**Aim of the exercise**
Restrict the output to the lines below starting at the one that contains "abbrev pub allocated_pairs : Table" and ending at the one that contains "let lower = oldest_from", and restate them word for word, both ends included.
Materials provided Block Start
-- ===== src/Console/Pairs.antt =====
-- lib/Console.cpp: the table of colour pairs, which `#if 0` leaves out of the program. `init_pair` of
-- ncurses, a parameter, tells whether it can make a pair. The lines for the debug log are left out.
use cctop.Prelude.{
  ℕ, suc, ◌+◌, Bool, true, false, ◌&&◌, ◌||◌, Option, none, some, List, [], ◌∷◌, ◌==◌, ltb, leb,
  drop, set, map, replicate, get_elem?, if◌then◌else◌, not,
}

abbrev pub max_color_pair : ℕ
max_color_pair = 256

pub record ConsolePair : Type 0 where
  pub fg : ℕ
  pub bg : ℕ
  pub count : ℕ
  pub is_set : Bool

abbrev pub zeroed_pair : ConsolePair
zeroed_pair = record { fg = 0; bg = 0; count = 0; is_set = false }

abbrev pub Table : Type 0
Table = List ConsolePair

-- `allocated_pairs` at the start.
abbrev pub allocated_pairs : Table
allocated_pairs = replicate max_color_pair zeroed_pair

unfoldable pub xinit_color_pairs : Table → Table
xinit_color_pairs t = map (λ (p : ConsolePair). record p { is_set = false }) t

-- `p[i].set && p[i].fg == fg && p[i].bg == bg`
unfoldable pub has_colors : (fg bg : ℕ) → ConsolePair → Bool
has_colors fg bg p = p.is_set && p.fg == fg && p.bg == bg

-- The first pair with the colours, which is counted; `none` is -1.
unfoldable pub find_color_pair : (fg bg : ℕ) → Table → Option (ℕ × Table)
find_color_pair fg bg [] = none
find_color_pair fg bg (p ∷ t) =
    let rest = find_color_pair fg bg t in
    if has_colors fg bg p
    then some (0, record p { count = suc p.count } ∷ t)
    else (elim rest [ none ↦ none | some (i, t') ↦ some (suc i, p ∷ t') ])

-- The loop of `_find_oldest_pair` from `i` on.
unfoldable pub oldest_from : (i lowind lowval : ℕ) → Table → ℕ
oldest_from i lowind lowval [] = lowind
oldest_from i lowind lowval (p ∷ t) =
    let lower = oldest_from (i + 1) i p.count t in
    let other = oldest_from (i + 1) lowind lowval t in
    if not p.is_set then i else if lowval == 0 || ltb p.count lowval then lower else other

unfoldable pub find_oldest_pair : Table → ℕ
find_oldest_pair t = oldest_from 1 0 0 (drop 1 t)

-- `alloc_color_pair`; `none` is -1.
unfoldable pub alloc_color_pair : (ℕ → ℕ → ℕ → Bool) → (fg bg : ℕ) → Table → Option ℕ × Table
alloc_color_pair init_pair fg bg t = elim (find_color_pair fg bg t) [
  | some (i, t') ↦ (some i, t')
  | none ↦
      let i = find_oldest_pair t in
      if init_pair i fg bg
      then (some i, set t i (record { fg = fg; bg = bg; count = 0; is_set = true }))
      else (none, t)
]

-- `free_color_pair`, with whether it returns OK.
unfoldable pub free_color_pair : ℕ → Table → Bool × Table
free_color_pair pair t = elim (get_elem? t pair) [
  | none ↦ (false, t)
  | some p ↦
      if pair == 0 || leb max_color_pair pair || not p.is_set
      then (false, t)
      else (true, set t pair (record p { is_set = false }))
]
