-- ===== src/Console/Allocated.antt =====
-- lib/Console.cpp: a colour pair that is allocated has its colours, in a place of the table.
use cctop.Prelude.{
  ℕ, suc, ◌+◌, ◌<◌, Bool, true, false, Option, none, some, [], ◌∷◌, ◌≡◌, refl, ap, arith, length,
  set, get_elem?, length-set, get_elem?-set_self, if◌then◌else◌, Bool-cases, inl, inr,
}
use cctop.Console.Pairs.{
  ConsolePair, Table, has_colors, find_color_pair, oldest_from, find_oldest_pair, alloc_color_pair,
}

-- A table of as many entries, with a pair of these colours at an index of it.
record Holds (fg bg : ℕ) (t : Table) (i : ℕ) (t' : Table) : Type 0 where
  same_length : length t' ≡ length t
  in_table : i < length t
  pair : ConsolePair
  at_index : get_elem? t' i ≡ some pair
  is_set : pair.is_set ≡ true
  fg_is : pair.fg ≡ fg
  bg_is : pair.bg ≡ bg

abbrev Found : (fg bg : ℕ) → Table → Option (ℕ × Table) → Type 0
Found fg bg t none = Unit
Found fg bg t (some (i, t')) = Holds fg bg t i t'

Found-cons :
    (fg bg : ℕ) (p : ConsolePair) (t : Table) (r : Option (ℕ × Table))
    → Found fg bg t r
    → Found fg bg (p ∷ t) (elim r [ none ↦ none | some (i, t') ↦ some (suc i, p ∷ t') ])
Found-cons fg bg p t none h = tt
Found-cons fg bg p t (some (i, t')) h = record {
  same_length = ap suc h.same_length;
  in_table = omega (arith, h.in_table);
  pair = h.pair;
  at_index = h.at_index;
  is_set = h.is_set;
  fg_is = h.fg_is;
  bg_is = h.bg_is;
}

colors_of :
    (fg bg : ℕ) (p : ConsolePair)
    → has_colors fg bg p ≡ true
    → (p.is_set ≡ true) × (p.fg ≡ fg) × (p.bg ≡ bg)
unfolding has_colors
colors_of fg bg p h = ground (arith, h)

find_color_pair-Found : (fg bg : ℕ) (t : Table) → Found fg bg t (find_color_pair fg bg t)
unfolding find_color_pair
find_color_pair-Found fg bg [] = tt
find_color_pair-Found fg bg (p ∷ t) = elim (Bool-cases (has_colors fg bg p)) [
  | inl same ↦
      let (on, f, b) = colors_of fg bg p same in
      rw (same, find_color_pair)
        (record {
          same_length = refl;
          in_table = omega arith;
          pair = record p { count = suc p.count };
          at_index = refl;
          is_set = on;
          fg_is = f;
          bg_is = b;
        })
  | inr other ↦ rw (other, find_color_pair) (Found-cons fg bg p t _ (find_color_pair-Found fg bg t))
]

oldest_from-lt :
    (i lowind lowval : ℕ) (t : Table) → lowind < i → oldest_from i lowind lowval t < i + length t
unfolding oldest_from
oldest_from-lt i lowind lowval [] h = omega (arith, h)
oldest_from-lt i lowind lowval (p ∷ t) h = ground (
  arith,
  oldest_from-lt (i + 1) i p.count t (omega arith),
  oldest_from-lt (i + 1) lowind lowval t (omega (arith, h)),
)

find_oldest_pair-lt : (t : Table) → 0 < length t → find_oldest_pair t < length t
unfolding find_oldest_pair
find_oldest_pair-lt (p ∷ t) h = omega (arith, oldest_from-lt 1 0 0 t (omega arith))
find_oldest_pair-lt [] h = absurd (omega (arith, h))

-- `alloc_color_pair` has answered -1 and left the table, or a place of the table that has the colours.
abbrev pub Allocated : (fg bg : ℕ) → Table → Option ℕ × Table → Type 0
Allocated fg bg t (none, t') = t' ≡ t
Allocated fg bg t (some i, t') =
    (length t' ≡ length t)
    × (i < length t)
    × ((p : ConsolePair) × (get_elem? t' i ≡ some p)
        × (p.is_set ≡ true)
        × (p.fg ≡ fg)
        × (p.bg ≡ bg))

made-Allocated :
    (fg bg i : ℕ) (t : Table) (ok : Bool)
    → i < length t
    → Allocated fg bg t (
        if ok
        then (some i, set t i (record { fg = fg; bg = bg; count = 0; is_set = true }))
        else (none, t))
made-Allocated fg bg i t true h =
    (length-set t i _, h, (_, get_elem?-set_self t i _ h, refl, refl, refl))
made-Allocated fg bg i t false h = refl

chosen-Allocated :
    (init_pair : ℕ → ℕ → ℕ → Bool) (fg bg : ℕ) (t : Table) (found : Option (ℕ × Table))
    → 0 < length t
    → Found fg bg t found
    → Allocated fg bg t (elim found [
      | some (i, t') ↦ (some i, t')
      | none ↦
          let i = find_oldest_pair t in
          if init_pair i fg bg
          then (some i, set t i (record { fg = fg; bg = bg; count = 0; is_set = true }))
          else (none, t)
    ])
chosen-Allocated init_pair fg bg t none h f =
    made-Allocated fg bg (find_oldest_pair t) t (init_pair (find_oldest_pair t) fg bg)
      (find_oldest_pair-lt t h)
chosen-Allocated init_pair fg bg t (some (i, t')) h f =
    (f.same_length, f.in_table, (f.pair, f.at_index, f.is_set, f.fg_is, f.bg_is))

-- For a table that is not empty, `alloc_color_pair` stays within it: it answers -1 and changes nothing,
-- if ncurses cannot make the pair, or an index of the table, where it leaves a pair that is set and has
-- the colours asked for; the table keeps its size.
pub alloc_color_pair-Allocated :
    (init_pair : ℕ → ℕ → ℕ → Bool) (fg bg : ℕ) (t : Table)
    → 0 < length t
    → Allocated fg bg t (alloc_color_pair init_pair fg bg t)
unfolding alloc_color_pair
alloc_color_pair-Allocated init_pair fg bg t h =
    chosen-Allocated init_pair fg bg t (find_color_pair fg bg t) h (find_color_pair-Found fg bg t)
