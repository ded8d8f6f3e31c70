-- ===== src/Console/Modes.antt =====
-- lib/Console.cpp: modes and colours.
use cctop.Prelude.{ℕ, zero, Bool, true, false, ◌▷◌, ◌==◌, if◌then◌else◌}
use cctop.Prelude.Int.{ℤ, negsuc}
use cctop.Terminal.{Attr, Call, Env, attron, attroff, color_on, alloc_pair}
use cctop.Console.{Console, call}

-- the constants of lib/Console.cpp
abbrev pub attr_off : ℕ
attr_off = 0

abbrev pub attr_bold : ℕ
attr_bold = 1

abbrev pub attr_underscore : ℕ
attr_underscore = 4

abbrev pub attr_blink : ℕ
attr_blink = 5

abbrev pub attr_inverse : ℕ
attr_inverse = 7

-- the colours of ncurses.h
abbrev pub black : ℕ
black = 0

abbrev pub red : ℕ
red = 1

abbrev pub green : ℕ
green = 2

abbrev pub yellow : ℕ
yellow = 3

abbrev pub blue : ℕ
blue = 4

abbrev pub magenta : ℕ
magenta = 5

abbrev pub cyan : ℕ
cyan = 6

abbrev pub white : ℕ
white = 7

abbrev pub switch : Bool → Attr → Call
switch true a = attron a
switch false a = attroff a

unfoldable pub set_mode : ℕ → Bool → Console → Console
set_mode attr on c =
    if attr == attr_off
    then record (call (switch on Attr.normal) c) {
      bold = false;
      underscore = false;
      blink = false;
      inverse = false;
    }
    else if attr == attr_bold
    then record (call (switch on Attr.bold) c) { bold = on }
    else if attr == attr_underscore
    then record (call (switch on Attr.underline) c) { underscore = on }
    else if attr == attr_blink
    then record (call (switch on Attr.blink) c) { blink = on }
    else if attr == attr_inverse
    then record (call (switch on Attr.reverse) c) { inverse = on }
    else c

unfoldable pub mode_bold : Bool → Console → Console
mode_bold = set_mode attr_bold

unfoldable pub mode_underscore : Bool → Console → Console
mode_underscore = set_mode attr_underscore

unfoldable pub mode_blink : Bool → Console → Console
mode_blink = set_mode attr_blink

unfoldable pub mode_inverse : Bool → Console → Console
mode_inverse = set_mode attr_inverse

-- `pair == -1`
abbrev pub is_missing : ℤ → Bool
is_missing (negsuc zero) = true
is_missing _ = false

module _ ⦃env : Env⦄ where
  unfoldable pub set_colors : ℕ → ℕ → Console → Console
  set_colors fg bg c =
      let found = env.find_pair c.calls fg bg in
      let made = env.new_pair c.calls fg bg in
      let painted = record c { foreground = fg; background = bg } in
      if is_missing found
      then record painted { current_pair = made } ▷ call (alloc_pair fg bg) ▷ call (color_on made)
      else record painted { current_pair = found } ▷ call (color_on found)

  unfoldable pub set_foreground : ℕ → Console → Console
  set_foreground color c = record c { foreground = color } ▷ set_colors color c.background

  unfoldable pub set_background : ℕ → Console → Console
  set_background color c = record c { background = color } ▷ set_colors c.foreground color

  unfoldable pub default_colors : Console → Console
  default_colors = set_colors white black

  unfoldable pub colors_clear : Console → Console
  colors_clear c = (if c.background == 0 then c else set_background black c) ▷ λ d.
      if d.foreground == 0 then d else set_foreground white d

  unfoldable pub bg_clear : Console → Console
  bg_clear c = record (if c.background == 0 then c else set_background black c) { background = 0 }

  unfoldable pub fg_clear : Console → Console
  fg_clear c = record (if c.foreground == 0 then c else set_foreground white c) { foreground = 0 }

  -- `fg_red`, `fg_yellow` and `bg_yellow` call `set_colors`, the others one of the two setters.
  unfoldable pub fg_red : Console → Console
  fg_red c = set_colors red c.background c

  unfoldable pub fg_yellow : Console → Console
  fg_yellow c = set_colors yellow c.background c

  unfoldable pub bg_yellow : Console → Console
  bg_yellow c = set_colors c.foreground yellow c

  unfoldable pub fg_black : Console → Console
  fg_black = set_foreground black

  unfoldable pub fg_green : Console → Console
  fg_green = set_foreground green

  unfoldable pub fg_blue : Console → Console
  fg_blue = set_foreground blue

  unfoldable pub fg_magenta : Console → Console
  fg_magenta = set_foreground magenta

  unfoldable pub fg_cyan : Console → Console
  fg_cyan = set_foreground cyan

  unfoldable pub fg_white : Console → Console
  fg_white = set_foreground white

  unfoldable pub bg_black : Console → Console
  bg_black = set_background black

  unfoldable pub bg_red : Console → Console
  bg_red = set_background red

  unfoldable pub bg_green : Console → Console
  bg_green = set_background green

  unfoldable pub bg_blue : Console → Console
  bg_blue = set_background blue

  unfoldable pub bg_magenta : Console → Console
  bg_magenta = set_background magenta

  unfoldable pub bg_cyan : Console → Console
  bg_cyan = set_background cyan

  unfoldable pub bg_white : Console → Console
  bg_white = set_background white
Materials provided Block End
**Output below**
abbrev pub allocated_pairs : Table
allocated_pairs = replicate max_color_pair zeroed_pair

unfoldable pub xinit_color_pairs : Table → Table
xinit_color_pairs t = map (λ (p : ConsolePair). record p { is_set = false }) t

-- `p[i].set && p[i].fg == fg && p[i].bg == bg`
unfoldable pub has_colors : (fg bg : ℕ) → ConsolePair → Bool
has_colors fg bg p = p.is_set && p.fg == fg && p.bg == bg

-- The first pair with the colours, which is counted; `none` is -1.
unfoldable pub find_color_pair : (fg bg : ℕ) → Table → Option (ℕ × Table)
find_color_pair fg bg [] = none
find_color_pair fg bg (p ∷ t) =
    let rest = find_color_pair fg bg t in
    if has_colors fg bg p
    then some (0, record p { count = suc p.count } ∷ t)
    else (elim rest [ none ↦ none | some (i, t') ↦ some (suc i, p ∷ t') ])

-- The loop of `_find_oldest_pair` from `i` on.
unfoldable pub oldest_from : (i lowind lowval : ℕ) → Table → ℕ
oldest_from i lowind lowval [] = lowind
oldest_from i lowind lowval (p ∷ t) =
    let lower = oldest_from (i + 1) i p.count t in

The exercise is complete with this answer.